# Help wth ftp permissions



## Panthro (Jan 11, 2006)

Hi folks,

I've got a linux machine here running fedora core 4 and vsftp. My problem is I don't seem to be able to set the permissions correctly for /var/www/.

If I try to connect via ftp from another machine using my user login, It connects and sticks me in my /home/Andy/ directory all well and good. The problem comes when I try and change the directory to /var/www/ and I get "550 Failed to change directory".

I have logged in using root and changed the owner of that directory to myself, but still no joy.

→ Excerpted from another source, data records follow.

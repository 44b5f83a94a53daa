-- ===== src/Agent.antt =====
-- agent/infrared_agent: the agent on a server.
pub mod Ntp
pub mod JitSsh
pub mod Commander
pub mod Watchdog
pub mod Tailer
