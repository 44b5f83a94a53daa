-- ===== src/Prelude/Text.antt =====
-- Texts that the program compares whole, and lists and tables of them.
use Prim.Native.String.{String}
use mathlib.Core.Path.{◌≡◌, refl}
use mathlib.Core.Bool.{Bool, true, false, ◌&&◌, ◌||◌}
use mathlib.Core.List.{List, [], ◌∷◌, ◌++◌}
use mathlib.Core.Option.{Option, none, some}
use native.Mathlib.Omega.{arith}
use text.Mathlib.Text.{◌==◌}
use text.Mathlib.TextEquality.{eq_iff}
use Prim.Native.Nat.{ℕ, ◌≤◌}
use infra_red.Prelude.Tests.{leb, if◌then◌else◌}

-- `a in xs`
abbrev pub contains : List String → String → Bool
contains [] a = false
contains (x ∷ xs) a = (a == x) || contains xs a

-- Every text of the first list is in the second.
abbrev pub subset : List String → List String → Bool
subset [] ys = true
subset (x ∷ xs) ys = contains ys x && subset xs ys

-- `dict.get(k)` of a table written in the source.
abbrev pub find {ℓ} : {V : Type ℓ} → String → List (String × V) → Option V
find k [] = none
find k ((j, v) ∷ m) = if k == j then some v else find k m

abbrev pub or_else {ℓ} : {A : Type ℓ} → Option A → A → A
or_else none d = d
or_else (some a) d = a

pub str_eq_refl : (s : String) → (s == s) ≡ true
str_eq_refl s = (eq_iff s s).1 refl

pub contains-append :
    (xs ys : List String) (a : String) → contains (xs ++ ys) a ≡ (contains xs a || contains ys a)
contains-append [] ys a = refl
contains-append (x ∷ xs) ys a = ground (arith, contains-append xs ys a)

contains_eq : (xs : List String) (a b : String) → (a == b) ≡ true → contains xs b ≡ contains xs a
contains_eq [] a b e = refl
contains_eq (x ∷ xs) a b e =
    ground (arith, eq_iff a b, eq_iff a x, eq_iff b x, contains_eq xs a b e)

pub contains_of_subset :
    (xs ys : List String) (a : String)
    → subset xs ys ≡ true
    → contains xs a ≡ true
    → contains ys a ≡ true
contains_of_subset [] ys a s c = ground arith
contains_of_subset (x ∷ xs) ys a s c =
    ground (arith, contains_eq ys a x, contains_of_subset xs ys a)

-- No value of the table passes `n`.
abbrev pub all_le : ℕ → List (String × ℕ) → Bool
all_le n [] = true
all_le n ((j, v) ∷ m) = leb v n && all_le n m

pub find-le :
    (n d : ℕ) (k : String) (m : List (String × ℕ))
    → all_le n m ≡ true
    → d ≤ n
    → or_else (find k m) d ≤ n
find-le n d k [] a h = h
find-le n d k ((j, v) ∷ m) a h = ground (arith, find-le n d k m)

Anybody have any ideas? I'm a Linux newbie so I'm probably missing the obvious.


----------



## batty_professor (Jul 29, 2004)

There is an underlying reason for that. var/ is not intended to be a shared directory. For instance, when you download off of a public server, have you ever seen a download come from a var/ directory? More on this later, I must leave for work......


----------



## Panthro (Jan 11, 2006)

OK thanks, so you are suggesting I configure Apache to look in /home/Andy/www/ ?


----------



## LoneWolf071 (Nov 10, 2004)

yes, us apache to runa server, but if you are looking to have a FTP server also that can roam every dir, then you need to mod the vsftpd.conf file.

you connect to your ftp with yor browser, meaning it sees you as anonymous, and the default vsftpd setting is to only allow anonymous ftp users to see that one dir, the one that is in the vsftpd.conf file. 

if i were you, i'd be careful though, because allowing anonymous ftp users to cruise your entire drive could be dangerous. what you should do is make a users, then allow him to login, if you are doing it via a browser, all you need to do is 
ftp://<user>@<address> 
that should then prompt you fora password, enter it and you are home free...


----------



## Squashman (Apr 14, 2005)

What does apache have to do with your FTP.

If you are uploading and downloading files to your website then make a virtual host in your Apache configuration so that you can have your website reside in your home directory.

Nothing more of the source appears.